Top of PROVIDED DATA
-- ===== src/Fs/Updated.antt =====
-- `fs_create` of kern/fs/fs.c: an entry is written into a block of the directory, and is found there.
use astral_os.Common.{
  ℕ, ◌^◌, ◌≤◌, ◌<◌, ◌≡◌, ◌≢◌, sym, ap, subst, ◌∙◌, arith, false, none, some, List, length, Bytes,
  get16,
}
use astral_os.Strings.Terminated.{IsName}
use astral_os.Fs.Store.{Env, Fs, direct_block, is_no_inode, inode_block_num, type_offset}
use astral_os.Fs.Dir.{entry_inode, find_entry, new_entry, lookup_blocks, update_dir}
use astral_os.Fs.Content.{IsReliable, cell}
use astral_os.Fs.Open.{loaded}
use astral_os.Fs.Entries.{
  placed, placed-inode, placed-is_entry, placed-Agree, find_entry-Agree, find_entry-changed,
  entry_inode-Agree,
}
use astral_os.Fs.Lookup.{Absent, lookup_blocks-found}
use astral_os.Fs.Changed
use astral_os.Fs.Changed.{written, last-direct_block, last-bytes, last-type, last-Absent}

-- The directory is in the table, has the type that it had, and the name leads to the inode.
pub record Leads {e : Env} (s : Fs e) (parent_id : ℕ) (parent : Bytes) (name : List ℕ)
    (inode_id : ℕ) : Type 0 where
  pub valid : is_no_inode s parent_id ≡ false
  pub type : get16 (loaded s parent_id) type_offset ≡ get16 parent type_offset
  pub leads : lookup_blocks s (loaded s parent_id) name e.fresh 0 10 ≡ inode_id

module _ {e : Env} (reliable : IsReliable e) (s : Fs e) (parent_id : ℕ) (parent block : Bytes)
    (name : List ℕ) (inode_id t u size : ℕ) (short : length name ≤ 28) (ok : IsName name)
    (small : inode_id < 2 ^ 32) (real : inode_id ≢ 0) (valid : is_no_inode s parent_id ≡ false)
    (lt : t < 10) (fits : u < 113) (there : direct_block parent t ≢ 0)
    (not_table : (k : ℕ) → k < 10 → direct_block parent k ≢ inode_block_num s parent_id)
    (distinct : (k : ℕ) → k < 10 → k ≢ t → direct_block parent t ≢ direct_block parent k)
    (before : (k : ℕ) → k < t → Absent reliable s parent name short k)
    (absent : find_entry block name 0 113 ≡ none) where
  abbrev number : ℕ
  number = direct_block parent t

  abbrev bytes : Bytes
  bytes = placed e.fresh block inode_id name u small ok short

  abbrev last : Fs e
  last = Changed.last reliable s parent_id parent bytes t size valid lt not_table distinct

  last-number : direct_block (loaded last parent_id) t ≡ number
  last-number =
      last-direct_block reliable s parent_id parent bytes t size valid lt not_table distinct t lt

  last-found : find_entry (cell last (direct_block (loaded last parent_id) t)) name 0 113 ≡ some u
  last-found =
      ap (λ b. find_entry (cell last b) name 0 113) last-number
      ∙ find_entry-Agree (cell last number) bytes name 0 113 short (omega arith)
          (last-bytes reliable s parent_id parent bytes t size valid lt not_table distinct)
      ∙ find_entry-changed bytes block name 0 113 u short (omega arith) (omega (arith, fits)) absent
          (placed-is_entry e.fresh block inode_id name u small ok short real)
          (placed-Agree e.fresh block inode_id name u small ok short)

  last-inode : entry_inode (cell last (direct_block (loaded last parent_id) t)) u ≡ inode_id
  last-inode =
      ap (λ b. entry_inode (cell last b) u) last-number
      ∙ entry_inode-Agree (cell last number) bytes u (λ j l h.
        last-bytes reliable s parent_id parent bytes t size valid lt not_table distinct j
          (omega arith) (omega (arith, fits)))
      ∙ placed-inode e.fresh block inode_id name u small ok short

  updated : update_dir s parent_id parent size t block (new_entry e.fresh inode_id name) u ≡ last
  updated = written reliable s parent_id parent bytes t size valid lt not_table distinct

  -- The entry is written into a block that has no entry of the name, with no such block before it.
  pub update_dir-Leads :
      Leads
        (update_dir s parent_id parent size t block (new_entry e.fresh inode_id name) u)
        parent_id
        parent
        name
        inode_id
  update_dir-Leads =
      subst (λ s'. Leads s' parent_id parent name inode_id) (sym updated)
        (record {
          valid = valid;
          type = last-type reliable s parent_id parent bytes t size valid lt not_table distinct;
          leads =
              lookup_blocks-found reliable last (loaded last parent_id) name short 10 0 e.fresh t u
                (omega arith) (omega (arith, lt))
                (λ k low h.
                  last-Absent reliable s parent_id parent bytes t size valid lt not_table distinct
                    name short k (omega (arith, lt)) (λ z. absurd (omega (arith, z))) (before k h))
                (λ z. there (sym last-number ∙ z)) last-found
              ∙ last-inode;
        })

pub Leads-type :
    {e : Env} (s : Fs e) (parent_id : ℕ) (parent parent' : Bytes) (name : List ℕ) (inode_id : ℕ)
    → get16 parent type_offset ≡ get16 parent' type_offset
    → Leads s parent_id parent name inode_id
    → Leads s parent_id parent' name inode_id
Leads-type s parent_id parent parent' name inode_id same leads = record {
  valid = leads.valid;
  type = leads.type ∙ same;
  leads = leads.leads;
}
Bottom of PROVIDED DATA
What you return should match, exactly, the stretch of the listing above that runs from the line with "Leads-type s parent_id" to its last line.

Leads-type s parent_id parent parent' name inode_id same leads = record {
  valid = leads.valid;
  type = leads.type ∙ same;
  leads = leads.leads;
}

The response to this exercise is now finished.